-- ===== src/Graphql/Pages.antt =====
-- packages/web/graphql-client/src/pagination.ts: pages counted from one, and the connections that the
-- server answers with. A page's number and size are natural numbers.
pub mod Tiling
use predictor_common.Prelude.Text.{Text}
use predictor_common.Prelude.Digits.{decimal}
use predictor_common.Prelude.Int.{ℤ, pos, negsuc}
use predictor_common.Prelude.{
  ℕ, zero, suc, ◌+◌, ◌*◌, ◌/◌, Bool, false, Option, none, some, List, [], ◌∷◌,
}

pub record PaginationOptions : Type 0 where
  pub page : ℕ
  pub page_size : ℕ

abbrev pub default_page_size : ℕ
default_page_size = 10

-- A `number` that is no integer stands apart.
pub data Count : Type 0 where
  finite : ℕ → Count
  infinite not_a_number : Count

pub record PageInfo : Type 0 where
  pub page : ℕ
  pub page_size : ℕ
  pub total_page_count : Option Count
  pub has_previous : Bool
  pub has_next : Bool

pub record ConnectionPageInfo : Type 0 where
  pub start_cursor : Text
  pub end_cursor : Text
  pub has_next_page : Bool
  pub has_previous_page : Bool

pub record ItemsConnection {ℓ} (T : Type ℓ) : Type ℓ where
  pub nodes : List T
  pub page_info : ConnectionPageInfo
  pub total_count : Option ℕ

pub record ItemsResponse {ℓ} (R : Type ℓ) : Type ℓ where
  pub items : List R
  pub page_info : PageInfo
  pub total_count : Option ℕ

pub record Cursor : Type 0 where
  pub first : ℕ
  pub after : Option Text

abbrev pub negated : ℕ → ℤ
negated zero = pos 0
negated (suc n) = negsuc n

-- `(page - 1) * pageSize`.
abbrev pub offset_of : ℕ → ℕ → ℤ
offset_of zero page_size = negated page_size
offset_of (suc n) page_size = pos (n * page_size)

abbrev pub after_offset : ℤ → Option Text
after_offset (pos zero) = none
after_offset (pos (suc n)) = some (decimal (suc n))
after_offset (negsuc n) = some (b'-' ∷ decimal (suc n))

unfoldable pub pagination_to_connection_cursor : PaginationOptions → Cursor
pagination_to_connection_cursor p = record {
  first = p.page_size;
  after = after_offset (offset_of p.page p.page_size);
}

-- `Math.ceil(total / pageSize)`.
abbrev pub ceil_div : ℕ → ℕ → Count
ceil_div n (suc k) = finite ((n + k) / suc k)
ceil_div zero zero = not_a_number
ceil_div (suc n) zero = infinite

abbrev pub page_count : Option ℕ → ℕ → Option Count
page_count none page_size = none
page_count (some total) page_size = some (ceil_div total page_size)

abbrev pub prepend {ℓ} : {R : Type ℓ} → Option R → Option (List R) → Option (List R)
prepend none rows = none
prepend (some row) none = none
prepend (some row) (some rows) = some (row ∷ rows)

-- `Promise.all` of the transformed nodes, where `none` is a rejection.
pub transform_all {ℓ κ} : {T : Type ℓ} {R : Type κ} → (T → Option R) → List T → Option (List R)
transform_all transform [] = some []
transform_all transform (node ∷ nodes) = prepend (transform node) (transform_all transform nodes)

abbrev pub response_of {ℓ κ} :
    {T : Type ℓ} {R : Type κ}
    → ItemsConnection T
    → PaginationOptions
    → Option (List R)
    → Option (ItemsResponse R)
response_of connection p none = none
response_of connection p (some rows) = some (record {
  items = rows;
  page_info = record {
    page = p.page;
    page_size = p.page_size;
    total_page_count = page_count connection.total_count p.page_size;
    has_previous = connection.page_info.has_previous_page;
    has_next = connection.page_info.has_next_page;
  };
  total_count = connection.total_count;
})

unfoldable pub extract_connection_items {ℓ κ} :
    {T : Type ℓ} {R : Type κ}
    → ItemsConnection T
    → PaginationOptions
    → (T → Option R)
    → Option (ItemsResponse R)
extract_connection_items connection p transform =
    response_of connection p (transform_all transform connection.nodes)

abbrev pub or_first_page : Option PaginationOptions → PaginationOptions
or_first_page none = record { page = 1; page_size = default_page_size }
or_first_page (some p) = p

unfoldable pub empty_items_response {ℓ} :
    {R : Type ℓ} → Option PaginationOptions → Option ℕ → ItemsResponse R
empty_items_response pagination total =
    let p = or_first_page pagination in
    record {
      items = [];
      page_info = record {
        page = p.page;
        page_size = p.page_size;
        total_page_count = page_count total p.page_size;
        has_previous = false;
        has_next = false;
      };
      total_count = total;
    }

+++

WORK TASK - Write the entries out again in full, exactly as they appear above.

EXERCISE ANSWER -
-- ===== src/Graphql/Pages.antt =====
-- packages/web/graphql-client/src/pagination.ts: pages counted from one, and the connections that the
-- server answers with. A page's number and size are natural numbers.
pub mod Tiling
use predictor_common.Prelude.Text.{Text}
use predictor_common.Prelude.Digits.{decimal}
use predictor_common.Prelude.Int.{ℤ, pos, negsuc}
use predictor_common.Prelude.{
  ℕ, zero, suc, ◌+◌, ◌*◌, ◌/◌, Bool, false, Option, none, some, List, [], ◌∷◌,
}

pub record PaginationOptions : Type 0 where
  pub page : ℕ
  pub page_size : ℕ

abbrev pub default_page_size : ℕ
default_page_size = 10

-- A `number` that is no integer stands apart.
pub data Count : Type 0 where
  finite : ℕ → Count
  infinite not_a_number : Count

pub record PageInfo : Type 0 where
  pub page : ℕ
  pub page_size : ℕ
  pub total_page_count : Option Count
  pub has_previous : Bool
  pub has_next : Bool

pub record ConnectionPageInfo : Type 0 where
  pub start_cursor : Text
  pub end_cursor : Text
  pub has_next_page : Bool
  pub has_previous_page : Bool

pub record ItemsConnection {ℓ} (T : Type ℓ) : Type ℓ where
  pub nodes : List T
  pub page_info : ConnectionPageInfo
  pub total_count : Option ℕ

pub record ItemsResponse {ℓ} (R : Type ℓ) : Type ℓ where
  pub items : List R
  pub page_info : PageInfo
  pub total_count : Option ℕ

pub record Cursor : Type 0 where
  pub first : ℕ
  pub after : Option Text

abbrev pub negated : ℕ → ℤ
negated zero = pos 0
negated (suc n) = negsuc n

-- `(page - 1) * pageSize`.
abbrev pub offset_of : ℕ → ℕ → ℤ
offset_of zero page_size = negated page_size
offset_of (suc n) page_size = pos (n * page_size)

abbrev pub after_offset : ℤ → Option Text
after_offset (pos zero) = none
after_offset (pos (suc n)) = some (decimal (suc n))
after_offset (negsuc n) = some (b'-' ∷ decimal (suc n))

unfoldable pub pagination_to_connection_cursor : PaginationOptions → Cursor
pagination_to_connection_cursor p = record {
  first = p.page_size;
  after = after_offset (offset_of p.page p.page_size);
}

-- `Math.ceil(total / pageSize)`.
abbrev pub ceil_div : ℕ → ℕ → Count
ceil_div n (suc k) = finite ((n + k) / suc k)
ceil_div zero zero = not_a_number
ceil_div (suc n) zero = infinite

abbrev pub page_count : Option ℕ → ℕ → Option Count
page_count none page_size = none
page_count (some total) page_size = some (ceil_div total page_size)

abbrev pub prepend {ℓ} : {R : Type ℓ} → Option R → Option (List R) → Option (List R)
prepend none rows = none
prepend (some row) none = none
prepend (some row) (some rows) = some (row ∷ rows)

-- `Promise.all` of the transformed nodes, where `none` is a rejection.
pub transform_all {ℓ κ} : {T : Type ℓ} {R : Type κ} → (T → Option R) → List T → Option (List R)
transform_all transform [] = some []
transform_all transform (node ∷ nodes) = prepend (transform node) (transform_all transform nodes)

abbrev pub response_of {ℓ κ} :
    {T : Type ℓ} {R : Type κ}
    → ItemsConnection T
    → PaginationOptions
    → Option (List R)
    → Option (ItemsResponse R)
response_of connection p none = none
response_of connection p (some rows) = some (record {
  items = rows;
  page_info = record {
    page = p.page;
    page_size = p.page_size;
    total_page_count = page_count connection.total_count p.page_size;
    has_previous = connection.page_info.has_previous_page;
    has_next = connection.page_info.has_next_page;
  };
  total_count = connection.total_count;
})

unfoldable pub extract_connection_items {ℓ κ} :
    {T : Type ℓ} {R : Type κ}
    → ItemsConnection T
    → PaginationOptions
    → (T → Option R)
    → Option (ItemsResponse R)
extract_connection_items connection p transform =
    response_of connection p (transform_all transform connection.nodes)

abbrev pub or_first_page : Option PaginationOptions → PaginationOptions
or_first_page none = record { page = 1; page_size = default_page_size }
or_first_page (some p) = p

unfoldable pub empty_items_response {ℓ} :
    {R : Type ℓ} → Option PaginationOptions → Option ℕ → ItemsResponse R
empty_items_response pagination total =
    let p = or_first_page pagination in
    record {
      items = [];
      page_info = record {
        page = p.page;
        page_size = p.page_size;
        total_page_count = page_count total p.page_size;
        has_previous = false;
        has_next = false;
      };
      total_count = total;
    }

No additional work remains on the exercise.